I think we gotta remove this nameserver from the whois record, at least
for now, as it could be causing bounces on more mail servers than just
this one reported directly to Dean, and if we do put it back, not do
that until after all of the nameservers are slaved properly, and
generating consistent responses to queries.

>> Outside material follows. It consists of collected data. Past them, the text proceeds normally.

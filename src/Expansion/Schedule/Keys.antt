-- ===== src/Expansion/Schedule/Keys.antt =====
-- The ready set: what a removal, an insertion and a sorting do to the ids in it.
use Prim.Native.Nat.{Ordering, lt, eq, gt, compare}
use elamite.Base.{
  ℕ, ◌≡◌, refl, sym, ap, ◌∙◌, true, false, ◌⊎◌, inl, inr, List, [], ◌∷◌, arith, map, contains,
  if◌then◌else◌, ◌==◌, ==→eq, Bool-cases, subst,
}
use elamite.Expansion.Ready.{
  LocationOrder, ReadyKey, then_with, key_order, insert_key, remove_key, insert_sorted, sort_keys,
  dedup,
}

abbrev pub ids : List ReadyKey → List ℕ
ids keys = map (λ k. k.work) keys

Ordering-cases : (o : Ordering) → (o ≡ lt) ⊎ (o ≡ eq) ⊎ (o ≡ gt)
Ordering-cases lt = inl refl
Ordering-cases eq = inr (inl refl)
Ordering-cases gt = inr (inr refl)

pub contains_more : (j x : ℕ) (xs : List ℕ) → contains j xs ≡ true → contains j (x ∷ xs) ≡ true
unfolding contains
contains_more j x xs h = ground arith

pub contains_here : (j : ℕ) (xs : List ℕ) → contains j (j ∷ xs) ≡ true
unfolding contains
contains_here j xs = ground arith

pub contains_cases :
    (j x : ℕ) (xs : List ℕ) → contains j (x ∷ xs) ≡ true → (x ≡ j) ⊎ (contains j xs ≡ true)
unfolding contains
contains_cases j x xs h = elim (Bool-cases (x == j)) [
  | inl e ↦ inl (==→eq x j e)
  | inr e ↦ inr (rw e at h)
]

swap_two :
    (j a b : ℕ) (xs ys : List ℕ)
    → contains j xs ≡ contains j (b ∷ ys)
    → contains j (a ∷ xs) ≡ contains j (b ∷ a ∷ ys)
unfolding contains
swap_two j a b xs ys h = ground arith

same_more :
    (j a : ℕ) (xs ys : List ℕ)
    → contains j xs ≡ contains j ys
    → contains j (a ∷ xs) ≡ contains j (a ∷ ys)
unfolding contains
same_more j a xs ys h = rw h refl

pub not_contained : (j : ℕ) (xs : List ℕ) → (contains j xs ≡ true → ⊥) → contains j xs ≡ false
not_contained j xs h = elim (Bool-cases (contains j xs)) [
  | inl there ↦ absurd (h there)
  | inr e ↦ e
]

-- The order of locations is reflexive.
abbrev pub IsReflexive : LocationOrder → Type 0
IsReflexive order = (l : _) → order l l ≡ eq

module _ (order : LocationOrder) where
  key_order-eq : (a b : ReadyKey) → key_order order a b ≡ eq → a.work ≡ b.work
  unfolding key_order then_with
  key_order-eq a b h = by_order (order a.location b.location) h
    where
      by_order : (o : Ordering) → then_with o (compare a.work b.work) ≡ eq → a.work ≡ b.work
      by_order lt h = cc
      by_order eq h = ground arith
      by_order gt h = cc

  pub key_order_refl :
      IsReflexive order
      → (a b : ReadyKey) → a.location ≡ b.location
      → a.work ≡ b.work
      → key_order order a b ≡ eq
  unfolding key_order then_with
  key_order_refl law a b l w = rw (l, w, law b.location) (ground arith)

  -- What the set becomes at its first key.
  pub remove_key-cases :
      (key k : ReadyKey) (keys : List ReadyKey)
      → ((key_order order key k ≡ eq → ⊥)
          × (remove_key order key (k ∷ keys) ≡ k ∷ remove_key order key keys))
        ⊎ ((key.work ≡ k.work) × (remove_key order key (k ∷ keys) ≡ keys))
  unfolding remove_key
  remove_key-cases key k keys = elim (Ordering-cases (key_order order key k)) [
    | inl e ↦ inl ((λ h. cc), rw (e, remove_key) refl)
    | inr (inl e) ↦ inr (key_order-eq key k e, rw (e, remove_key) refl)
    | inr (inr e) ↦ inl ((λ h. cc), rw (e, remove_key) refl)
  ]

  pub insert_key-cases :
      (key k : ReadyKey) (keys : List ReadyKey)
      → (insert_key order key (k ∷ keys) ≡ key ∷ k ∷ keys)
        ⊎ ((key.work ≡ k.work) × (insert_key order key (k ∷ keys) ≡ k ∷ keys))
        ⊎ (insert_key order key (k ∷ keys) ≡ k ∷ insert_key order key keys)
  unfolding insert_key
  insert_key-cases key k keys = elim (Ordering-cases (key_order order key k)) [
    | inl e ↦ inl (rw (e, insert_key) refl)
    | inr (inl e) ↦ inr (inl (key_order-eq key k e, rw (e, insert_key) refl))
    | inr (inr e) ↦ inr (inr (rw (e, insert_key) refl))
  ]

  insert_sorted-cases :
      (key k : ReadyKey) (keys : List ReadyKey)
      → (insert_sorted order key (k ∷ keys) ≡ key ∷ k ∷ keys)
        ⊎ (insert_sorted order key (k ∷ keys) ≡ k ∷ insert_sorted order key keys)
  unfolding insert_sorted
  insert_sorted-cases key k keys = elim (Ordering-cases (key_order order key k)) [
    | inl e ↦ inl (rw (e, insert_sorted) refl)
    | inr (inl e) ↦ inl (rw (e, insert_sorted) refl)
    | inr (inr e) ↦ inr (rw (e, insert_sorted) refl)
  ]

  -- A removal drops no id but its own, and adds none.
  pub remove_key-old :
      (key : ReadyKey) (keys : List ReadyKey) (j : ℕ)
      → contains j (ids (remove_key order key keys)) ≡ true
      → contains j (ids keys) ≡ true
  unfolding remove_key
  remove_key-old key [] j h = h
  remove_key-old key (k ∷ keys) j h = elim (remove_key-cases key k keys) [
    | inl (_, e) ↦
        elim (contains_cases j k.work (ids (remove_key order key keys))
          (subst (λ z. contains j (ids z) ≡ true) e h)) [
            | inl same ↦ rw same (contains_here j (ids keys))
            | inr more ↦ contains_more j k.work (ids keys) (remove_key-old key keys j more)
          ]
    | inr (_, e) ↦ contains_more j k.work (ids keys) (subst (λ z. contains j (ids z) ≡ true) e h)
  ]

  pub remove_key-keeps :
      (key : ReadyKey) (keys : List ReadyKey) (j : ℕ)
      → (j ≡ key.work → ⊥)
      → contains j (ids keys) ≡ true
      → contains j (ids (remove_key order key keys)) ≡ true
  unfolding remove_key
  remove_key-keeps key [] j apart h = h
  remove_key-keeps key (k ∷ keys) j apart h = elim (remove_key-cases key k keys) [
    | inl (_, e) ↦
        subst (λ z. contains j (ids z) ≡ true) (sym e)
          (elim (contains_cases j k.work (ids keys) h) [
            | inl same ↦ rw same (contains_here j (ids (remove_key order key keys)))
            | inr more ↦
                contains_more j k.work (ids (remove_key order key keys))
                  (remove_key-keeps key keys j apart more)
          ])
    | inr (one, e) ↦
        subst (λ z. contains j (ids z) ≡ true) (sym e)
          (elim (contains_cases j k.work (ids keys) h) [
            | inl same ↦ absurd (apart (sym same ∙ sym one))
            | inr more ↦ more
          ])
  ]

  -- An insertion adds its id, and no other.
  pub insert_key-new :
      (key : ReadyKey) (keys : List ReadyKey)
      → contains key.work (ids (insert_key order key keys)) ≡ true
  unfolding insert_key
  insert_key-new key [] = contains_here key.work []
  insert_key-new key (k ∷ keys) = elim (insert_key-cases key k keys) [
    | inl e ↦
        subst (λ z. contains key.work (ids z) ≡ true) (sym e)
          (contains_here key.work (ids (k ∷ keys)))
    | inr (inl (one, e)) ↦
        subst (λ z. contains key.work (ids z) ≡ true) (sym e)
          (subst (λ w. contains w (ids (k ∷ keys)) ≡ true) (sym one)
            (contains_here k.work (ids keys)))
    | inr (inr e) ↦
        subst (λ z. contains key.work (ids z) ≡ true) (sym e)
          (contains_more key.work k.work (ids (insert_key order key keys))
            (insert_key-new key keys))
  ]

  pub insert_key-keeps :
      (key : ReadyKey) (keys : List ReadyKey) (j : ℕ)
      → contains j (ids keys) ≡ true
      → contains j (ids (insert_key order key keys)) ≡ true
  unfolding insert_key
  insert_key-keeps key [] j h = contains_more j key.work [] h
  insert_key-keeps key (k ∷ keys) j h = elim (insert_key-cases key k keys) [
    | inl e ↦
        subst (λ z. contains j (ids z) ≡ true) (sym e) (contains_more j key.work (ids (k ∷ keys)) h)
    | inr (inl (_, e)) ↦ subst (λ z. contains j (ids z) ≡ true) (sym e) h
    | inr (inr e) ↦
        subst (λ z. contains j (ids z) ≡ true) (sym e)
          (elim (contains_cases j k.work (ids keys) h) [
            | inl same ↦ rw same (contains_here j (ids (insert_key order key keys)))
            | inr more ↦
                contains_more j k.work (ids (insert_key order key keys))
                  (insert_key-keeps key keys j more)
          ])
  ]

  pub insert_key-old :
      (key : ReadyKey) (keys : List ReadyKey) (j : ℕ)
      → contains j (ids (insert_key order key keys)) ≡ true
      → (key.work ≡ j) ⊎ (contains j (ids keys) ≡ true)
  unfolding insert_key
  insert_key-old key [] j h = contains_cases j key.work [] h
  insert_key-old key (k ∷ keys) j h = elim (insert_key-cases key k keys) [
    | inl e ↦
        contains_cases j key.work (ids (k ∷ keys)) (subst (λ z. contains j (ids z) ≡ true) e h)
    | inr (inl (_, e)) ↦ inr (subst (λ z. contains j (ids z) ≡ true) e h)
    | inr (inr e) ↦
        elim (contains_cases j k.work (ids (insert_key order key keys))
          (subst (λ z. contains j (ids z) ≡ true) e h)) [
            | inl same ↦ inr (rw same (contains_here j (ids keys)))
            | inr more ↦ elim (insert_key-old key keys j more) [
              | inl same ↦ inl same
              | inr old ↦ inr (contains_more j k.work (ids keys) old)
            ]
          ]
  ]

  -- Sorting keeps the ids.
  insert_sorted-contains :
      (key : ReadyKey) (keys : List ReadyKey) (j : ℕ)
      → contains j (ids (insert_sorted order key keys)) ≡ contains j (key.work ∷ ids keys)
  unfolding insert_sorted
  insert_sorted-contains key [] j = refl
  insert_sorted-contains key (k ∷ keys) j = elim (insert_sorted-cases key k keys) [
    | inl e ↦ ap (λ z. contains j (ids z)) e
    | inr e ↦
        ap (λ z. contains j (ids z)) e
        ∙ swap_two j k.work key.work _ _ (insert_sorted-contains key keys j)
  ]

  pub sort_keys-contains :
      (keys : List ReadyKey) (j : ℕ)
      → contains j (ids (sort_keys order keys)) ≡ contains j (ids keys)
  unfolding sort_keys
  sort_keys-contains [] j = refl
  sort_keys-contains (k ∷ keys) j =
      insert_sorted-contains k (sort_keys order keys) j
      ∙ same_more j k.work _ _ (sort_keys-contains keys j)

pub dedup-contains : (xs : List ℕ) (j : ℕ) → contains j (dedup xs) ≡ contains j xs
unfolding dedup contains
dedup-contains [] j = refl
dedup-contains (x ∷ []) j = refl
dedup-contains (x ∷ y ∷ rest) j =
    let later = dedup-contains (y ∷ rest) j in
    elim (Bool-cases (x == y)) [
      | inl same ↦ rw same (later ∙ ground (arith, ==→eq x y same))
      | inr apart ↦ rw apart (ap (λ b. if x == j then true else b) later)
    ]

A lot of mail servers have recently begun enforcing stricter checks on
inbound SMTP connections to try to reduce spam and virus volumes. My
company just had an incident about 2 weeks ago where fully *half* of our
major clients were suddenly rejecting mail from us, because we had no
reverse IP setup for the external interface on our firewall. Our
mailserver has a publicly routable IP address, which worked for
*inbound* connections, but we learned that it's *outbound* connections
appeared to originate from our firewall. The receiving mailservers were
detecting what the actual origination IP address of our connections was
(which was not who it claimed to be in its HELO message) and they
apparently decided that IP addresses without reverse DNS mapping that
lie in their HELO string similar enough to the typical sources of spam,
phishing scams, viruses and so on, to reject all connections from. The
fact that this configuration change happened to many seemingly random
external servers at once implies that some fairly common mailserver
software out there was auto-updated that day, or a new release came out,
that imposed this behavior by default. Needless to say we had to setup
reverse DNS for that IP address quickly.
Evolt's current DNS issue is more evil (in terms of ease of debugging),
since that odd cname will only be reported to, and so its reverse ip
will only be *required* by, one in four of the mailservers (that care to
check), and those lookups will fail if they happen to be directed to any
of the other three public DNS servers we publish. Sticky, icky, and
intermittent, indeed.
Please let's remove it from the public WHOIS forthwith. If this
continue to have to be manually maintained in two different places, the
servers will inevitably eventually fall out of sync again, unless or
until the servers are actually slaved.